• Work instructions
For this exercise, please find the lines in the entries that include the word "keep" and copy them.

++++ Information supplied ++++

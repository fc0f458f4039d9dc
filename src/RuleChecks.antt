-- ===== src/RuleChecks.antt =====
-- internal/controller/annotationschedulerule_controller.go: the validation of a rule, and the types
-- of resources that internal/resource/manager.go supports.
pub mod Accepted
use dynamic_annotation_contr.Base.{
  ℕ, ◌+◌, ◌≡◌, Bool, true, false, not, ◌&&◌, Option, none, some, List, [], ◌∷◌, ◌++◌, if◌then◌else◌,
  ltb, is_empty, keep, any, Bytes, codes, str_eq, Assoc,
}
use dynamic_annotation_contr.Api.{Rule, ScheduleConfig, AnnotationOperation, AnnotationGroup}
use dynamic_annotation_contr.Validator.{
  AnnotationValidator, AnnotationError, validate_annotations, fail_if, ◌<|>◌,
}
use dynamic_annotation_contr.Template.{TemplateError, validate_template}
use dynamic_annotation_contr.Operation.{Policies, GroupError, validate_annotation_groups}

pub data RuleError : Type 0 where
  unsupported_types : List Bytes → RuleError
  no_annotations both_kinds : RuleError
  security_failed invalid_annotations : AnnotationError → RuleError
  invalid_groups : GroupError → RuleError
  invalid_template : Bytes → Bytes → TemplateError → RuleError
  invalid_resolution : Bytes → RuleError
  empty_variable : RuleError
  invalid_variable : Bytes → TemplateError → RuleError
  no_times end_before_start cron_required action_required bad_action bad_type : RuleError

unfoldable pub is_supported_type : Bytes → Bool
is_supported_type t =
    any (λ s. str_eq s t)
      (codes "pods" ∷ codes "deployments" ∷ codes "statefulsets" ∷ codes "daemonsets" ∷ [])

-- ResourceManager.ValidateResourceTypes: the types that are not supported
unfoldable get_supported_resource_types : List Bytes
get_supported_resource_types =
    codes "pods" ∷ codes "deployments" ∷ codes "statefulsets" ∷ codes "daemonsets" ∷ []

unfoldable pub unsupported_resource_types : List Bytes → List Bytes
unsupported_resource_types types = keep (λ t. not (is_supported_type t)) types

unfoldable pub validate_resource_types : Rule → Option RuleError
validate_resource_types rule =
    let unsupported = unsupported_resource_types rule.spec.target_resources in
    fail_if (not (is_empty unsupported)) (unsupported_types unsupported)

-- `security` is the security validator, or none for nil.
unfoldable pub validate_legacy_annotations :
    Policies → Option AnnotationValidator → Rule → Option RuleError
validate_legacy_annotations rm security rule =
    elim security [
      | none ↦ none
      | some sv ↦ elim (validate_annotations sv rule.spec.annotations) [
        | none ↦ none
        | some e ↦ some (security_failed e)
      ]
    ]
    <|> elim (validate_annotations rm.validator rule.spec.annotations) [
      | none ↦ none
      | some e ↦ some (invalid_annotations e)
    ]

-- the loops over the operations and over the groups
check_operation_templates : Bytes → List AnnotationOperation → Option RuleError
check_operation_templates group [] = none
check_operation_templates group (op ∷ ops) =
    (if op.template && not (is_empty op.value)
      then (elim (validate_template op.value) [
        | none ↦ none
        | some e ↦ some (invalid_template group op.key e)
      ])
      else none)
    <|> check_operation_templates group ops

check_group_templates : List AnnotationGroup → Option RuleError
check_group_templates [] = none
check_group_templates (g ∷ gs) =
    check_operation_templates g.name g.operations <|> check_group_templates gs

pub validate_rule_groups : Policies → Rule → Option RuleError
validate_rule_groups rm rule = elim (validate_annotation_groups rm rule.spec.annotation_groups) [
  | some e ↦ some (invalid_groups e)
  | none ↦ check_group_templates rule.spec.annotation_groups
]

unfoldable pub validate_annotations_config :
    Policies → Option AnnotationValidator → Rule → Option RuleError
validate_annotations_config rm security rule =
    let has_legacy = not (is_empty rule.spec.annotations) in
    let has_groups = not (is_empty rule.spec.annotation_groups) in
    if not has_legacy && not has_groups
    then some no_annotations
    else if has_legacy && has_groups
    then some both_kinds
    else if has_legacy
    then validate_legacy_annotations rm security rule
    else if has_groups
    then validate_rule_groups rm rule
    else none

unfoldable pub validate_conflict_resolution : Rule → Option RuleError
validate_conflict_resolution rule =
    fail_if
      (not (is_empty rule.spec.conflict_resolution)
        && not (
            any (λ s. str_eq rule.spec.conflict_resolution s)
              (codes "priority" ∷ codes "timestamp" ∷ codes "skip" ∷ [])))
      (invalid_resolution rule.spec.conflict_resolution)

unfoldable pub check_variables : Assoc Bytes → Option RuleError
check_variables [] = none
check_variables ((key, value) ∷ m) =
    let rest = check_variables m in
    if is_empty key
    then some empty_variable
    else elim (validate_template (b'$' ∷ b'{' ∷ (key ++ b'}' ∷ []))) [
      | some e ↦ some (invalid_variable key e)
      | none ↦ rest
    ]

validate_datetime : ScheduleConfig → Option RuleError
validate_datetime s = elim s.start_time [
  | none ↦ elim s.end_time [ none ↦ some no_times | some end ↦ none ]
  | some start ↦ elim s.end_time [
    | none ↦ none
    | some end ↦ fail_if (ltb end start) end_before_start
  ]
]

validate_cron : ScheduleConfig → Option RuleError
validate_cron s =
    if is_empty s.cron_expression
    then some cron_required
    else if is_empty s.action
    then some action_required
    else if not (str_eq s.action (codes "apply")) && not (str_eq s.action (codes "remove"))
    then some bad_action
    else none

pub validate_schedule_config : ScheduleConfig → Option RuleError
validate_schedule_config s =
    if str_eq s.type (codes "datetime")
    then validate_datetime s
    else if str_eq s.type (codes "cron")
    then validate_cron s
    else some bad_type

unfoldable pub validate_rule : Policies → Option AnnotationValidator → Rule → Option RuleError
validate_rule rm security rule =
    validate_resource_types rule
    <|> validate_annotations_config rm security rule
    <|> validate_conflict_resolution rule
    <|> check_variables rule.spec.template_variables
    <|> validate_schedule_config rule.spec.schedule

++++

• Reply
  ltb, is_empty, keep, any, Bytes, codes, str_eq, Assoc,
unsupported_resource_types types = keep (λ t. not (is_supported_type t)) types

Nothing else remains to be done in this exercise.